# Exercise inputs:
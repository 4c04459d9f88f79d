-- ===== src/HashmapSwap/Buckets.antt =====
-- `compute_hash`: which processor and which bucket a key belongs to.
use native.Mathlib.Nat.{mod-lt, div-lt_iff_lt-mul, div-add-mod'}
use cluster_stm.Common.{ℕ, ◌+◌, ◌*◌, ◌%◌, ◌<◌, ◌≤◌, ◌≡◌, arith}
use cluster_stm.HashmapSwap.{compute_hash}

-- With a table of at least one bucket over at least one processor, and `local_size` buckets on each
-- processor that together are enough for the table: the hash of every key names one of the
-- processors and one of its buckets, and two keys have the same processor and bucket only if they
-- have the same index in the table.
pub compute_hash-bounds :
    (table_size num_procs local_size key : ℕ)
    → 0 < table_size
    → 0 < num_procs
    → table_size ≤ local_size * num_procs
    → ((compute_hash table_size num_procs key).proc < num_procs)
      × ((compute_hash table_size num_procs key).offset < local_size)
      × ((compute_hash table_size num_procs key).offset * num_procs
            + (compute_hash table_size num_procs key).proc
          ≡ key % table_size)
unfolding compute_hash
compute_hash-bounds table_size num_procs local_size key some_bucket some_proc enough = (
  mod-lt (key % table_size) some_proc,
  (div-lt_iff_lt-mul some_proc).1 (omega (arith, mod-lt key some_bucket, enough)),
  div-add-mod' (key % table_size) num_procs,
)
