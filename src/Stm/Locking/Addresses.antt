-- ===== src/Stm/Locking/Addresses.antt =====
-- Which metadata word belongs to which block.
use native.Mathlib.Nat.{div-div-eq-div-mul, div-add-mod'}
use cluster_stm.Common.{ℕ, ◌*◌, ◌/◌, ◌%◌, ◌^◌, ◌≡◌, ◌≢◌, ◌↔◌, arith, ap}
use cluster_stm.Stm.Meta.{meta_addr, meta_offset, share_size_bytes}

abbrev pub IsAligned : ℕ → ℕ → Type 0
IsAligned share_power a = a % share_size_bytes share_power ≡ 0

pub meta_offset_lem : (s a : ℕ) → meta_offset s a ≡ a / share_size_bytes s
unfolding meta_offset share_size_bytes
meta_offset_lem s a = div-div-eq-div-mul a (2 ^ s) 8

-- Two addresses have one metadata word exactly when they lie in one block.
meta_addr-eq_iff :
    (base s a b : ℕ)
    → (meta_addr base s a ≡ meta_addr base s b) ↔ (a / share_size_bytes s ≡ b / share_size_bytes s)
unfolding meta_addr
meta_addr-eq_iff base s a b = (
  λ e. omega (arith, meta_offset_lem s a, meta_offset_lem s b),
  λ e. omega (arith, meta_offset_lem s a, meta_offset_lem s b),
)

pub meta_addr-ne :
    (base s a b : ℕ)
    → IsAligned s a
    → IsAligned s b
    → a ≢ b
    → meta_addr base s a ≢ meta_addr base s b
meta_addr-ne base s a b al bl ne e =
    let same = (meta_addr-eq_iff base s a b).0 e in
    ne (
      omega (
        arith,
        div-add-mod' a (share_size_bytes s),
        div-add-mod' b (share_size_bytes s),
        ap (λ k. k * share_size_bytes s) same,
      ))
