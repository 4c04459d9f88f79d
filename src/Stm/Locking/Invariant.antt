-- ===== src/Stm/Locking/Invariant.antt =====
-- The lock invariant of one processor's metadata, and what a change at one block needs to keep it.
use mathlib.Core.Path.{subst, subst₂, fun_ext}
use cluster_stm.Common.{
  ◌∙◌, ℕ, ◌≤◌, ◌≡◌, ◌≢◌, refl, sym, inl, inr, false, Option, none, some, ◌==◌, arith, eq-or-ne,
  Bool-cases,
}
use cluster_stm.Common.Family.{update, update_self}
use cluster_stm.Stm.Types.{LockType, Config}
use cluster_stm.Stm.Node.{DatasetEntry, Libs, Node, meta_at, entry_of, set_meta, set_dataset}
use cluster_stm.Stm.Locking.Word.{Modes, Guards, max_procs}
use cluster_stm.Stm.Locking.Addresses.{IsAligned, meta_addr-ne}

abbrev pub mode_of : Option DatasetEntry → Option LockType
mode_of none = none
mode_of (some e) = some e.type

-- Neither versions nor late acquisition: readers are visible in the metadata word.
pub record IsVisible (c : Config) : Type 0 where
  pub unversioned : c.read_versioning ≡ false
  pub early : c.late_acquire ≡ false

-- A dataset holds whole blocks.
abbrev pub IsKeyed : (l : Libs) → ℕ → l.datasets.Map → Type 0
IsKeyed l s m = (b : ℕ) (e : DatasetEntry) → l.datasets.get m b ≡ some e → IsAligned s b

module _ {l : Libs} where
  abbrev pub modes : Node l → ℕ → Modes
  modes n a q = mode_of (entry_of n q a)

  -- Every metadata word says who holds its block, and datasets hold whole blocks.
  pub record Inv (procs : ℕ) (n : Node l) : Type 0 where
    pub few : procs ≤ max_procs
    pub guarded :
        (a : ℕ) → IsAligned n.share_power a → Guards procs (n.meta (meta_at n a)) (modes n a)
    pub keyed : (q : ℕ) → IsKeyed l n.share_power (n.tx_dors q).dataset

pub Guards-cong :
    {procs word word' : ℕ} {m m' : Modes}
    → word ≡ word'
    → ((q : ℕ) → m q ≡ m' q)
    → Guards procs word m
    → Guards procs word' m'
Guards-cong {procs} e h g = subst₂ (Guards procs) e (fun_ext h) g

module _ {l : Libs} {procs : ℕ} {n : Node l} (inv : Inv procs n) (p a : ℕ)
    (al : IsAligned n.share_power a) (ds : l.datasets.Map)
    (others : (b : ℕ) → b ≢ a → mode_of (l.datasets.get ds b) ≡ modes n b p)
    (keyed : IsKeyed l n.share_power ds) where
  modes-update :
      (b q : ℕ)
      → update (modes n b) p (mode_of (l.datasets.get ds b)) q ≡ modes (set_dataset n p ds) b q
  modes-update b q = ground (arith)

  modes_same :
      (b : ℕ)
      → mode_of (l.datasets.get ds b) ≡ modes n b p
      → (q : ℕ) → modes n b q ≡ modes (set_dataset n p ds) b q
  modes_same b same q = sym (update_self (modes n b) p q _ same) ∙ modes-update b q

  IsKeyed-update : (q : ℕ) → IsKeyed l n.share_power ((set_dataset n p ds).tx_dors q).dataset
  IsKeyed-update q b e h = elim (Bool-cases (p == q)) [
    | inl same ↦ keyed b e (rw same at h)
    | inr other ↦ inv.keyed q b e (rw other at h)
  ]

  -- Processor `p` changes its entry for block `a`, and the word of that block.
  pub Inv-set :
      (w : ℕ)
      → Guards procs w (update (modes n a) p (mode_of (l.datasets.get ds a)))
      → Inv procs (set_meta (set_dataset n p ds) (meta_at n a) w)
  Inv-set w g = record {
    few = inv.few;
    guarded = λ b bl. elim (eq-or-ne a b) [
      | inl same ↦
          subst
            (λ k.
              Guards procs (update n.meta (meta_at n a) w (meta_at n k))
                (modes (set_dataset n p ds) k))
            same (Guards-cong (ground arith) (modes-update a) g)
      | inr ne ↦
          Guards-cong (ground (arith, meta_addr-ne n.meta_base n.share_power a b al bl ne))
            ((modes_same b (others b (λ e. ne (sym e))))) (inv.guarded b bl)
    ];
    keyed = IsKeyed-update;
  }

  -- Only the entry changes, and its mode does not.
  pub Inv-keep : mode_of (l.datasets.get ds a) ≡ modes n a p → Inv procs (set_dataset n p ds)
  Inv-keep same = record {
    few = inv.few;
    guarded = λ b bl.
        Guards-cong refl
          (modes_same b (elim (eq-or-ne b a) [
            | inl e ↦ subst (λ k. mode_of (l.datasets.get ds k) ≡ modes n k p) (sym e) same
            | inr ne ↦ others b ne
          ]))
          (inv.guarded b bl);
    keyed = IsKeyed-update;
  }
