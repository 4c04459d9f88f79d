-- ===== src/Stm/Open.antt =====
-- Acquiring read and write locks: `new_dataset_entry`, `open_read`, `open_write`, `open_local`.
-- Each call holds `meta_lock` from its first look at a metadata word to its last write.
use cluster_stm.Common.{
  ℕ, zero, suc, ◌+◌, ◌-◌, ◌*◌, ◌/◌, ◌%◌, ◌^◌, Bool, true, false, not, ◌&&◌, ◌||◌, Option, none,
  some, ◌==◌, ltb, if◌then◌else◌,
}
use cluster_stm.Stm.Types.{
  Run, ok, out_of_fuel, Status, succeed, fail, succeeded, LockType, read, write, is_write, Config,
}
use cluster_stm.Stm.Meta.{test_write_bit, set_write_bit, inc_readers}
use cluster_stm.Stm.Node.{
  Buffer, DatasetEntry, Libs, Node, meta_at, share_bytes, read_bytes, set_dataset, set_meta,
  entry_of,
}

-- `new_dataset_entry`, with the two fields that its callers fill before they release the lock.
unfoldable pub new_dataset_entry : LockType → ℕ → DatasetEntry
new_dataset_entry t version = record {
  type = t;
  old_version = version;
  wb_data = none;
  undo_data = none;
  promoted = false;
  acquired = false;
}

-- The test of `open_write` on the word `m`, for an entry of the transaction's own if it has one.
unfoldable pub can_write : Config → ℕ → Option DatasetEntry → Bool
can_write c m entry =
    if c.late_acquire
    then not (test_write_bit m)
    else (if c.read_versioning
        then not (test_write_bit m)
          && (elim entry [ none ↦ true | some e ↦ is_write e.type || m == e.old_version ])
        else (m == 0) || ((m == 2) && (elim entry [ none ↦ false | some e ↦ true ])))

-- The word that `open_write` leaves for a writer `p`, whose number is shifted in 32 bits.
unfoldable pub write_word : Config → ℕ → ℕ → ℕ
write_word c p m =
    if c.late_acquire
    then m
    else (if c.read_versioning then set_write_bit m else set_write_bit (p * 2 % 2 ^ 32))

-- The entry becomes a WRITE entry with a private copy of the block.
unfoldable pub grant_write : Config → Buffer → DatasetEntry → DatasetEntry
grant_write c block e =
    if c.write_buffering
    then record e { type = write; wb_data = some block }
    else record e { type = write; undo_data = some block }

-- `entry->promoted = GRT_TRUE`
unfoldable pub promote : Config → DatasetEntry → DatasetEntry
promote c e = if c.late_acquire then record e { promoted = true } else e

module _ {l : Libs} (c : Config) where
  unfoldable pub open_read : Node l → ℕ → ℕ → Node l × Status
  unfolding new_dataset_entry
  open_read n p src = elim (entry_of n p src) [
    | some e ↦ (n, succeed)
    | none ↦
        let m = n.meta (meta_at n src) in
        let entry = new_dataset_entry read (if c.read_versioning then m else 0) in
        let n' = set_dataset n p (l.datasets.put (n.tx_dors p).dataset src entry) in
        if test_write_bit m then (n, fail) else (
          if c.read_versioning then n' else set_meta n' (meta_at n src) (inc_readers m),
          succeed,
        )
  ]

  -- `open_write` from the lock on: `entry` is the transaction's READ entry, if it has one.
  unfoldable pub acquire_write : Node l → ℕ → ℕ → Option DatasetEntry → Node l × Status
  unfolding can_write write_word grant_write new_dataset_entry
  acquire_write n p dest entry =
      let m = n.meta (meta_at n dest) in
      let block = read_bytes n.mem dest in
      let ds = (n.tx_dors p).dataset in
      let ds' : l.datasets.Map = elim entry [
        | none ↦ l.datasets.put ds dest (grant_write c block (new_dataset_entry write 0))
        | some e ↦ l.datasets.store ds dest (grant_write c block e)
      ] in
      if can_write c m entry
      then (set_meta (set_dataset n p ds') (meta_at n dest) (write_word c p m), succeed)
      else (n, fail)

  unfoldable pub open_write : Node l → ℕ → ℕ → Node l × Status
  unfolding acquire_write promote
  open_write n p dest = elim (entry_of n p dest) [
    | none ↦ acquire_write n p dest none
    | some e ↦
        let e' = promote c e in
        let n' = set_dataset n p (l.datasets.store (n.tx_dors p).dataset dest e') in
        if is_write e.type then (n, succeed) else acquire_write n' p dest (some e')
  ]

  -- `open_read` or `open_write`, by the type.
  unfoldable pub open_block : Node l → ℕ → ℕ → LockType → Node l × Status
  unfolding open_read open_write
  open_block n p a read = open_read n p a
  open_block n p a write = open_write n p a

  -- The loop of `open_local`: `count` is a 32-bit `unsigned`.
  unfoldable pub open_loop :
      ℕ → Node l → (p aligned_loc count limit : ℕ) → LockType → Run (Node l × Status)
  unfolding open_block
  open_loop zero n p a count limit t = out_of_fuel
  open_loop (suc fuel) n p a count limit t =
      let (n', status) = open_block n p a t in
      let rest =
        open_loop fuel n' p (a + share_bytes n) ((count + share_bytes n) % 2 ^ 32) limit t in
      if ltb count limit
      then (if succeeded status then rest else ok (n', fail))
      else ok (n, succeed)

  unfoldable pub open_local : ℕ → Node l → (p loc nbytes : ℕ) → LockType → Run (Node l × Status)
  unfolding open_loop
  open_local fuel n p loc nbytes t =
      let aligned_loc = loc / share_bytes n * share_bytes n in
      open_loop fuel n p aligned_loc 0 (nbytes + (loc - aligned_loc)) t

# Your assignment:
Your task is to copy each line of the entries that includes the word "Option".

# Result for this exercise:
  ◌∙◌, ℕ, ◌≤◌, ◌≡◌, ◌≢◌, refl, sym, inl, inr, false, Option, none, some, ◌==◌, arith, eq-or-ne,
abbrev pub mode_of : Option DatasetEntry → Option LockType
  ℕ, zero, suc, ◌+◌, ◌-◌, ◌*◌, ◌/◌, ◌%◌, ◌^◌, Bool, true, false, not, ◌&&◌, ◌||◌, Option, none,
unfoldable pub can_write : Config → ℕ → Option DatasetEntry → Bool
  unfoldable pub acquire_write : Node l → ℕ → ℕ → Option DatasetEntry → Node l × Status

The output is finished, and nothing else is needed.